EXERCISE INSTRUCTIONS:
Copy word for word, please, the lines of the entries below running from the one containing "IsChange (pushed uid" to the one containing "pub typed : All IsChange cs", both ends included.

** Opening AVAILABLE DATA block **

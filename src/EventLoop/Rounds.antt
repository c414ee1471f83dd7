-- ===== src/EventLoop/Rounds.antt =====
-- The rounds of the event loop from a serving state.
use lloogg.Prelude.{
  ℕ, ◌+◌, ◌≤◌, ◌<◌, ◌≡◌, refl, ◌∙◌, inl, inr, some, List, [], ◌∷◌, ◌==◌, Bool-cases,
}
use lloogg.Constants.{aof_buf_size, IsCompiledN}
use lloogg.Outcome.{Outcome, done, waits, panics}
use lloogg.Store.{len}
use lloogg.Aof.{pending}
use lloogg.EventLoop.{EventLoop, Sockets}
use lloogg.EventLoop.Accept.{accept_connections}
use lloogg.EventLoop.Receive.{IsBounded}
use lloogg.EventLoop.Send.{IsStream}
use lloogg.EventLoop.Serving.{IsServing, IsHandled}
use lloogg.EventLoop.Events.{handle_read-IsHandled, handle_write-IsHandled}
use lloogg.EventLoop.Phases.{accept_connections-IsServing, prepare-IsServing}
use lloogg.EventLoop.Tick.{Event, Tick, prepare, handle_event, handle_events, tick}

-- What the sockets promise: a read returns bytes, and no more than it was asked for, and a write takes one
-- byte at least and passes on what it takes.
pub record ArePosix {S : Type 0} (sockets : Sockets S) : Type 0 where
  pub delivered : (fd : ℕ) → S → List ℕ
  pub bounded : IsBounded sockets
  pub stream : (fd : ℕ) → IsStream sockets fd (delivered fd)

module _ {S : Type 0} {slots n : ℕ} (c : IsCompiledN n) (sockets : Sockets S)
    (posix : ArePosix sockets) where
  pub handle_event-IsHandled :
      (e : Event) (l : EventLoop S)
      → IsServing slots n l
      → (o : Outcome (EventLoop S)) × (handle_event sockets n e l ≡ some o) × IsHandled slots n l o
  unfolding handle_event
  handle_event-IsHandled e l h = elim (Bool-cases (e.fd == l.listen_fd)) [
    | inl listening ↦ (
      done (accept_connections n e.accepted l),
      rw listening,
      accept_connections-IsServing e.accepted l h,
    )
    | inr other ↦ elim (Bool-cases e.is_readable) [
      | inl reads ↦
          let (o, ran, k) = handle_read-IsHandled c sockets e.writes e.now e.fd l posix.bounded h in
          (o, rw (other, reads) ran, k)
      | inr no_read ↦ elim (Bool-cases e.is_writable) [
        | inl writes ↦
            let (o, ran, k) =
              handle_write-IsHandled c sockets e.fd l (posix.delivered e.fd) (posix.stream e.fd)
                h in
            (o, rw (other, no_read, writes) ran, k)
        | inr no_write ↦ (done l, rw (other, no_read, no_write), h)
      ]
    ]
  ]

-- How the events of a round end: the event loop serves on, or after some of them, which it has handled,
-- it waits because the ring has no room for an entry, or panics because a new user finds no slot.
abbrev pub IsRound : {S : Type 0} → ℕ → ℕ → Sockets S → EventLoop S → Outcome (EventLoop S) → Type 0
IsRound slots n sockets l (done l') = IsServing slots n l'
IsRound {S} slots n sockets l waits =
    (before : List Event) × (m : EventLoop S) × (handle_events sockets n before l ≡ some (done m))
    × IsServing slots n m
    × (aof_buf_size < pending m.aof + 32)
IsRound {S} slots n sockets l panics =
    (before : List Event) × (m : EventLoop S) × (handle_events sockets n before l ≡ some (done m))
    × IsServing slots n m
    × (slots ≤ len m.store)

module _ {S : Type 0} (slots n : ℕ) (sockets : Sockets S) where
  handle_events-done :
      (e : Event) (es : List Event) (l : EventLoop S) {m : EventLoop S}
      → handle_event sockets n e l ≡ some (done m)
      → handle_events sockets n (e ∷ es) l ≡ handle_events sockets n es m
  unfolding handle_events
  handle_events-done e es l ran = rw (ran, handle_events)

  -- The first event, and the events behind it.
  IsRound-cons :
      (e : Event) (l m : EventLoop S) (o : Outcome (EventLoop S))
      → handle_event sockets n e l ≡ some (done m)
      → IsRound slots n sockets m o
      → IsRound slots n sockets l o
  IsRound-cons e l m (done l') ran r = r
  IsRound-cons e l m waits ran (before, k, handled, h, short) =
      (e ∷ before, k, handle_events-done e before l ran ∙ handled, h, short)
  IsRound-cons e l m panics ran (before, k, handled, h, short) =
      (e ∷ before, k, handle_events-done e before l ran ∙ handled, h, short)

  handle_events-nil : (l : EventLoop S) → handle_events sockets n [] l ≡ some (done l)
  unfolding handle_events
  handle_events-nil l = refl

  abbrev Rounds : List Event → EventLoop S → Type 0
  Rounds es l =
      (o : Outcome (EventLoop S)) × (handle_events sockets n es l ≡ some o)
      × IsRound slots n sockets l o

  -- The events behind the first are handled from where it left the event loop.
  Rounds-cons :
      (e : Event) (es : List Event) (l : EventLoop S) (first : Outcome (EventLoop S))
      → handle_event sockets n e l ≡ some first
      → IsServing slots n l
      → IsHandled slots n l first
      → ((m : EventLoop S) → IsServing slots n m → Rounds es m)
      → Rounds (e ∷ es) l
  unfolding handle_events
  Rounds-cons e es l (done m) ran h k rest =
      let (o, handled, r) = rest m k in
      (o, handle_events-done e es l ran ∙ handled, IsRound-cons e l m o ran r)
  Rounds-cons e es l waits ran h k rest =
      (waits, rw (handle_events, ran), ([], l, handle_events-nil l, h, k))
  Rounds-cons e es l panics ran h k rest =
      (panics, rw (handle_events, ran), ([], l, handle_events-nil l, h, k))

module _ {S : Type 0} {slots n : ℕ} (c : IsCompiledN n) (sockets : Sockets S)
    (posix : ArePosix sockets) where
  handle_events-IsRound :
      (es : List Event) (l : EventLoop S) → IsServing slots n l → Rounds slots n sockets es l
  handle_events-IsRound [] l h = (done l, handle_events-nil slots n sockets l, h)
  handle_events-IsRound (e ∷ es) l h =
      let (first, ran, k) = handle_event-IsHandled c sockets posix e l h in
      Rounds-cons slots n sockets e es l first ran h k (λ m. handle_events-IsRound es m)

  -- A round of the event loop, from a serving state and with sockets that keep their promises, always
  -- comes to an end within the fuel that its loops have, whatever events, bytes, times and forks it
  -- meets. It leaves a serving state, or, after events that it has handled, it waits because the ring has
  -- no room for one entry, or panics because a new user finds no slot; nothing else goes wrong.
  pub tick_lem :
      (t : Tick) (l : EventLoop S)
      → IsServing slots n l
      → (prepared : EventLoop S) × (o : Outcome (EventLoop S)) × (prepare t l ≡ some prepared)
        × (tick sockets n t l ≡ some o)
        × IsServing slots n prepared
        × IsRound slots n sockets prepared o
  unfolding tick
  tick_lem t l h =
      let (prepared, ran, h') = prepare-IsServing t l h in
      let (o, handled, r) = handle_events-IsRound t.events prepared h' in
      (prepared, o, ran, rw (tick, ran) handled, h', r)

** Closing AVAILABLE DATA block **
** Opening AVAILABLE DATA block **

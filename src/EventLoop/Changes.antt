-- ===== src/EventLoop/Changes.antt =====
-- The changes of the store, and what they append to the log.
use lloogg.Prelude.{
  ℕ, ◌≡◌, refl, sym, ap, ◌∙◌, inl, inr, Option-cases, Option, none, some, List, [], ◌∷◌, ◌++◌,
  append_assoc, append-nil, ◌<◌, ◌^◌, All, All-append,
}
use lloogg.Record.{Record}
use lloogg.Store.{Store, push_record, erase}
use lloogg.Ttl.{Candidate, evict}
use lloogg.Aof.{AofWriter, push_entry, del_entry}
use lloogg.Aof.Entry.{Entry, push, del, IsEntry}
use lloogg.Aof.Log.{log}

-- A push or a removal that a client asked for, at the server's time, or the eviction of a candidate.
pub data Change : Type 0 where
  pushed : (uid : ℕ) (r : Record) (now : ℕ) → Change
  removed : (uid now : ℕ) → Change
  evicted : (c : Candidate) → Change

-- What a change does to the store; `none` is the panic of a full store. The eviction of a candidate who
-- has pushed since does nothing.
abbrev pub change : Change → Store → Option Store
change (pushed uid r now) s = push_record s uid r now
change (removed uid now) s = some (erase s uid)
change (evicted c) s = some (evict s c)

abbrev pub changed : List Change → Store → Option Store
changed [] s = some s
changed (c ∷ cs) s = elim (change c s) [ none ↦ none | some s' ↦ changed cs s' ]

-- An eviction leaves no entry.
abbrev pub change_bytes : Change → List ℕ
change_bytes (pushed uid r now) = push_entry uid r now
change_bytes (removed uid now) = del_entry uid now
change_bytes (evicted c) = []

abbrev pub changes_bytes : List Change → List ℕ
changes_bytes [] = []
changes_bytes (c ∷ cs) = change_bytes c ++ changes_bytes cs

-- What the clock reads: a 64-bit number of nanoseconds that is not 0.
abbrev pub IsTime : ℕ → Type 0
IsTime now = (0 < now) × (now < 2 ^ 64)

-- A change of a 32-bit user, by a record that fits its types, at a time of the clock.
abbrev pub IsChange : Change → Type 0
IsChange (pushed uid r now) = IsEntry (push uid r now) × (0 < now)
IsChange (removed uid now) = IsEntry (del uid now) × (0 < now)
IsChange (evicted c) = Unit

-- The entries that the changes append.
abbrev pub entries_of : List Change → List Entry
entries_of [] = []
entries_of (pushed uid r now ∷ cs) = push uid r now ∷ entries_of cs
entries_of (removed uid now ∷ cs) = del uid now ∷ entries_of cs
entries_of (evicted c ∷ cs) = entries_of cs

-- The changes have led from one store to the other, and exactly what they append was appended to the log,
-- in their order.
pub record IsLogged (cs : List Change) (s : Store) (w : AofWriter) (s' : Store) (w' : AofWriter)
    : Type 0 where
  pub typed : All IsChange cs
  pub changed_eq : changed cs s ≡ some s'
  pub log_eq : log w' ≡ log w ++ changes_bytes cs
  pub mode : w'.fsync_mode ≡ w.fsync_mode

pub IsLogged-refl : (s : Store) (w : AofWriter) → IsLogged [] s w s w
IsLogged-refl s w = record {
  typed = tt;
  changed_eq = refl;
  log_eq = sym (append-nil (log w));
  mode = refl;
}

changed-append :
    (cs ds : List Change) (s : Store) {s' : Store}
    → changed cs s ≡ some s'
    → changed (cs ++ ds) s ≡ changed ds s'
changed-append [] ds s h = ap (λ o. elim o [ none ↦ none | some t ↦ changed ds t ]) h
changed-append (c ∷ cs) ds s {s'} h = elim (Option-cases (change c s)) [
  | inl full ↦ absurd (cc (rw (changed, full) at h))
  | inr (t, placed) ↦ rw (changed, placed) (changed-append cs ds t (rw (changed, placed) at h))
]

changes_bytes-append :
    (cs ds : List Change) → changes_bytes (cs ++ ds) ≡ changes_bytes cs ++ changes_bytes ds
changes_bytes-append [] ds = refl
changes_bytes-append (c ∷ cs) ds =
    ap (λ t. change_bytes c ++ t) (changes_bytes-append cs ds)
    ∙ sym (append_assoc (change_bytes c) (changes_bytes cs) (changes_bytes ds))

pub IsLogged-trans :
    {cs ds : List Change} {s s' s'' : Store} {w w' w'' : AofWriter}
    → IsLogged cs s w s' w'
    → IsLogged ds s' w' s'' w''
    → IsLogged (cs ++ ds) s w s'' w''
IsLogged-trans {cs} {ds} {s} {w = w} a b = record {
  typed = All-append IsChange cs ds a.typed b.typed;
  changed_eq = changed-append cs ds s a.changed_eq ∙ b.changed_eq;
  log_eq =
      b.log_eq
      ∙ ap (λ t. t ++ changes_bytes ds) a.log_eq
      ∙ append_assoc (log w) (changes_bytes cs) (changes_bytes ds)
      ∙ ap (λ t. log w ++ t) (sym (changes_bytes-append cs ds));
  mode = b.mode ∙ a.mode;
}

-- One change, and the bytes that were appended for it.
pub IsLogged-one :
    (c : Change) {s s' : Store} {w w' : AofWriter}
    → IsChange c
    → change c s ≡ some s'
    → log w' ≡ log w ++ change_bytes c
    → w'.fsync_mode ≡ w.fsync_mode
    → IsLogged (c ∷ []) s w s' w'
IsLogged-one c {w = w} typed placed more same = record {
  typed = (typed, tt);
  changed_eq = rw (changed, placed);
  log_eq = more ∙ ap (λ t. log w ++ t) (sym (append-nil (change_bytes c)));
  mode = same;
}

** Closing AVAILABLE DATA block **
** Opening AVAILABLE DATA block **

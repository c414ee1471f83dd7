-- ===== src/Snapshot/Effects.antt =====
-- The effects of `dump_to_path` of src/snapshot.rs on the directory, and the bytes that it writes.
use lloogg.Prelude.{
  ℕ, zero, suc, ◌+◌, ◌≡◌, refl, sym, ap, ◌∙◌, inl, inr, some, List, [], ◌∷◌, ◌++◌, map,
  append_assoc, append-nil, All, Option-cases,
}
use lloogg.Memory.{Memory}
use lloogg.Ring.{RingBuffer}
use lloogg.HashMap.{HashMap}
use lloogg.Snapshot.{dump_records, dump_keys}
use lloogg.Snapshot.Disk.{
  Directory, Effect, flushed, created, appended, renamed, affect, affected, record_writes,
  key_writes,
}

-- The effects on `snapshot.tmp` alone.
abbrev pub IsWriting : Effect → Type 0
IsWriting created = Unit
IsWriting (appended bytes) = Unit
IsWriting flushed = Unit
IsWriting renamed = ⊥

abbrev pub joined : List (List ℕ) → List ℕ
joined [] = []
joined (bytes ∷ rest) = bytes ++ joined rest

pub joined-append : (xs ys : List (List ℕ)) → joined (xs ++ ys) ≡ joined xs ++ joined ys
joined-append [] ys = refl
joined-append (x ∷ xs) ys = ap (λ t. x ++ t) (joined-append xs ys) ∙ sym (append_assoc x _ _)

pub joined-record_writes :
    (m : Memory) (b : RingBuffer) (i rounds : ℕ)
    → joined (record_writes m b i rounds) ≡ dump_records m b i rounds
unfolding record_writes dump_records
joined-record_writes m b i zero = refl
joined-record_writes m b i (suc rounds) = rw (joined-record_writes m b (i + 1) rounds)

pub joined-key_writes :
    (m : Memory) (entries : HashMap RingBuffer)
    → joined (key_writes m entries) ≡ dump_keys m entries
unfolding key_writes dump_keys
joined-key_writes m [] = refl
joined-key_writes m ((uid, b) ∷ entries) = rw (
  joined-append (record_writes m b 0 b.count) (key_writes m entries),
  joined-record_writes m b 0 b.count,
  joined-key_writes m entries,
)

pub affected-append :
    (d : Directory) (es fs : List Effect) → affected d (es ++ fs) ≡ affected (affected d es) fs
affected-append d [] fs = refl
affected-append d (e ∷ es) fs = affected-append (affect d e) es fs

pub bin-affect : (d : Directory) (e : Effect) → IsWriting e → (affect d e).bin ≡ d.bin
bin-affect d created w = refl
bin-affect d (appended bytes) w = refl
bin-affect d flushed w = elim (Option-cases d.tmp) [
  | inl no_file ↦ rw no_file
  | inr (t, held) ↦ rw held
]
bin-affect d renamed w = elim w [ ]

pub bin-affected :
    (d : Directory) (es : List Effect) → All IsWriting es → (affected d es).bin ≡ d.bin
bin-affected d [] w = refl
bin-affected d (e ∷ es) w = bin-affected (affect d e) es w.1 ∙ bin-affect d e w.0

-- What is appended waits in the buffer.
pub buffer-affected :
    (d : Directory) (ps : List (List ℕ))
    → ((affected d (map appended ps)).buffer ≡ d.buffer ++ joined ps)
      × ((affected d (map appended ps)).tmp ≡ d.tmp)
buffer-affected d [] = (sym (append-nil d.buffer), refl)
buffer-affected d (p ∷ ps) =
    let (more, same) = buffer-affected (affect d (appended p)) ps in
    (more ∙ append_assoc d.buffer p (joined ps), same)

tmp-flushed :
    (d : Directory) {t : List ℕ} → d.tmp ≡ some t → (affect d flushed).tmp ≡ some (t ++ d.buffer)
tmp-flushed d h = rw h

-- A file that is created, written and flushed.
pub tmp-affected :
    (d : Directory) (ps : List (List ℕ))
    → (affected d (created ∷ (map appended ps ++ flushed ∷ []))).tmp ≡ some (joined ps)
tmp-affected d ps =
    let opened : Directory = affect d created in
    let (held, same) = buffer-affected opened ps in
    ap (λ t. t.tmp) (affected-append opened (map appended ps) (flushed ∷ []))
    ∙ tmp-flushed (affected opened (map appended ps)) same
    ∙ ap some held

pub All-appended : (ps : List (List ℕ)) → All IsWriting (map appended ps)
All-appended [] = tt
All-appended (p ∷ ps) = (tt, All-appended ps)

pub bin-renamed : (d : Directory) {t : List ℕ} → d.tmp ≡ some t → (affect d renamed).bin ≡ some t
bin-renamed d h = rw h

** Closing AVAILABLE DATA block **

ANSWER SPACE:
IsChange (pushed uid r now) = IsEntry (push uid r now) × (0 < now)
IsChange (removed uid now) = IsEntry (del uid now) × (0 < now)
IsChange (evicted c) = Unit

-- The entries that the changes append.
abbrev pub entries_of : List Change → List Entry
entries_of [] = []
entries_of (pushed uid r now ∷ cs) = push uid r now ∷ entries_of cs
entries_of (removed uid now ∷ cs) = del uid now ∷ entries_of cs
entries_of (evicted c ∷ cs) = entries_of cs

-- The changes have led from one store to the other, and exactly what they append was appended to the log,
-- in their order.
pub record IsLogged (cs : List Change) (s : Store) (w : AofWriter) (s' : Store) (w' : AofWriter)
    : Type 0 where
  pub typed : All IsChange cs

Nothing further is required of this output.